PE’s Kayje Booker Speaks at Conference on Carbon Trading

Kayje Booker, Advisory Council member of Potential Energy, presented at the Practitioners Workshop on Enhancing the Usability of Clean Development Mechanism Methodologies for Household Energy Supply, hosted by the United Nations Framework Convention on Climate Change in Bonn, Germany.

Booker spoke about the PE’s partner, LBNL’s involvement with World Vision’s Ethiopia Cookstoves Project. LBNL will contribute at least 1500 stoves to the project using funding from the carbon market established under the Kyoto Protocol. If successful, this project will be one of the first cookstove projects to navigate the CDM process and generate Certified Emissions Reductions which can be sold to governments and industries that are legally bound to reduce their greenhouse gas emissions. With initial funding from a private donor, the project will distribute (at a subsidized price) enough cookstoves to create over 100,000 carbon credits. Profits from the sale of these credits will be shared between the initial investor, World Vision, and the communities where the stoves are distributed. By demonstrating that cookstove carbon projects can be profitable, the project participants hope to attract private investment to these kinds of projects that both reduce greenhouse gas emissions and provide health and environmental benefits to poor communities.

The goal of the Practitioner’s Workshop’s was to better understand and increase the use of cookstoves as both a development tool and fuel efficient technology. Booker was invited by along with other developers, academics, engineers, businessmen, carbon trading organizations, and non-governmental organizations involved in every aspect of cookstove development and distribution to provide feedback on the difficulties encountered by cookstove projects attempting to use the CDM.

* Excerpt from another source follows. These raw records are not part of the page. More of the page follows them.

-- ===== src/HttpCache/Step.antt =====
-- One char of the host that urlDirname writes, as it is or escaped.
use poplar.Prelude.{
  ℕ, ◌+◌, ◌/◌, ◌%◌, ◌≤◌, ◌<◌, ◌≡◌, ◌⊎◌, inl, inr, refl, ap, sym, ◌∙◌, true, false, List, [], ◌∷◌,
  ◌++◌, none, some, arith, length, set, take, Bool-cases, le→leb, lt→leb,
}
use poplar.Prelude.Lists.{length-set}
use poplar.Run.{ok}
use mathlib.Core.List.{append_assoc}
use poplar.HttpCache.{Written, is_escaped, plain, escaped, put_char}
use poplar.HttpCache.Escape.{hex, escape, digits, stored, grown, Puts}

escaped_short : (out : List ℕ) (n j c : ℕ) → n ≤ j + 3 → escaped out n j c ≡ ok (out, none)
unfolding escaped
escaped_short out n j c h = rw (escaped, le→leb n (j + 3) h) refl

escaped_lem :
    (out : List ℕ) (n j c : ℕ) (q : List ℕ)
    → c < 256
    → j + 3 < n
    → n ≤ length out
    → take j out ≡ q
    → (o : List ℕ) × (escaped out n j c ≡ ok (o, some (j + 3)))
      × (take (j + 3) o ≡ q ++ 37 ∷ hex (c / 16) ∷ hex (c % 16) ∷ [])
      × (length o ≡ length out)
unfolding escaped
escaped_lem out n j c q h0 h1 h2 t =
    let (hi, lo) = digits c h0 in
    let o1 = set out j 37 in
    let l1 : length o1 ≡ length out = length-set out j 37 in
    let o2 = set o1 (j + 1) (hex (c / 16)) in
    let l2 : length o2 ≡ length out = length-set o1 (j + 1) (hex (c / 16)) ∙ l1 in
    let o3 = set o2 (j + 2) (hex (c % 16)) in
    let l3 : length o3 ≡ length out = length-set o2 (j + 2) (hex (c % 16)) ∙ l2 in
    let g1 = grown out q j (j + 1) 37 refl t (omega arith) in
    let g2 = grown o1 _ (j + 1) (j + 2) (hex (c / 16)) (omega arith) g1 (omega (arith, l1)) in
    let g3 = grown o2 _ (j + 2) (j + 3) (hex (c % 16)) (omega arith) g2 (omega (arith, l2)) in
    let flat =
      append_assoc (q ++ 37 ∷ []) (hex (c / 16) ∷ []) (hex (c % 16) ∷ [])
      ∙ append_assoc q (37 ∷ []) (hex (c / 16) ∷ hex (c % 16) ∷ []) in
    (
      o3,
      rw
          (
            escaped,
            lt→leb n (j + 3) h1,
            stored out j 37 (omega arith),
            hi,
            lo,
            stored o1 (j + 1) (hex (c / 16)) (omega (arith, l1)),
            stored o2 (j + 2) (hex (c % 16)) (omega (arith, l2)),
          )
          refl,
      g3 ∙ flat,
      l3,
    )

plain_short :
    (out : List ℕ) (n j c : ℕ)
    → j < n
    → n ≤ length out
    → n ≤ j + 1
    → plain out n j c ≡ ok (set out j c, none)
unfolding plain
plain_short out n j c h0 h1 h = rw (plain, stored out j c (omega arith), le→leb n (j + 1) h) refl

plain_lem :
    (out : List ℕ) (n j c : ℕ)
    → n ≤ length out
    → j + 1 < n
    → plain out n j c ≡ ok (set out j c, some (j + 1))
unfolding plain
plain_lem out n j c h1 h = rw (plain, stored out j c (omega arith), lt→leb n (j + 1) h) refl

escape_yes : (c : ℕ) → is_escaped c ≡ true → escape c ≡ 37 ∷ hex (c / 16) ∷ hex (c % 16) ∷ []
escape_yes c e = rw e refl

escape_no : (c : ℕ) → is_escaped c ≡ false → escape c ≡ c ∷ []
escape_no c e = rw e refl

put_char_yes :
    (out : List ℕ) (n j c : ℕ) → is_escaped c ≡ true → put_char out n j c ≡ escaped out n j c
unfolding put_char
put_char_yes out n j c e = rw (put_char, e) refl

pub put_char_no :
    (out : List ℕ) (n j c : ℕ) → is_escaped c ≡ false → put_char out n j c ≡ plain out n j c
unfolding put_char
put_char_no out n j c e = rw (put_char, e) refl

pub le_cases : (m n : ℕ) → (m ≤ n) ⊎ (n < m)
le_cases m n = ground arith

pub put_char-Puts :
    (out : List ℕ) (n j c : ℕ) (q : List ℕ)
    → c < 256
    → j < n
    → n ≤ length out
    → take j out ≡ q
    → (w : Written) × (put_char out n j c ≡ ok w) × Puts n (length out) j q c w
put_char-Puts out n j c q h0 h1 h2 t = elim (Bool-cases (is_escaped c)) [
  | inl e ↦
      let size : length (escape c) ≡ 3 = ap length (escape_yes c e) in
      elim (le_cases n (j + 3)) [
        | inl l ↦ (
          (out, none),
          put_char_yes out n j c e ∙ escaped_short out n j c l,
          (omega (arith, size), refl),
        )
        | inr l ↦
            let (o, runs, chars, long) = escaped_lem out n j c q h0 l h2 t in
            (
              (o, some (j + 3)),
              put_char_yes out n j c e ∙ runs,
              (omega (arith, size), l, chars ∙ ap (λ m. q ++ m) (sym (escape_yes c e)), long),
            )
      ]
  | inr e ↦
      let size : length (escape c) ≡ 1 = ap length (escape_no c e) in
      elim (le_cases n (j + 1)) [
        | inl l ↦ (
          (set out j c, none),
          put_char_no out n j c e ∙ plain_short out n j c h1 h2 l,
          (omega (arith, size), length-set out j c),
        )
        | inr l ↦ (
          (set out j c, some (j + 1)),
          put_char_no out n j c e ∙ plain_lem out n j c h2 l,
          (
            omega (arith, size),
            l,
            grown out q j (j + 1) c refl t (omega arith) ∙ ap (λ m. q ++ m) (sym (escape_no c e)),
            length-set out j c,
          ),
        )
      ]
]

The Clean Development Mechanism (CDM) is a part of the Kyoto Protocol aimed at decreasing greenhouse gas emissions in developing countries. Despite the fact that fuel-efficient cookstoves meet CDM’s twin goals of climate change mitigation and sustainable development, only one cookstove project has been registered. The aim of the conference was to better understand the functioning and potential of such cookstoves and increase the number of cookstoves registered and distributed.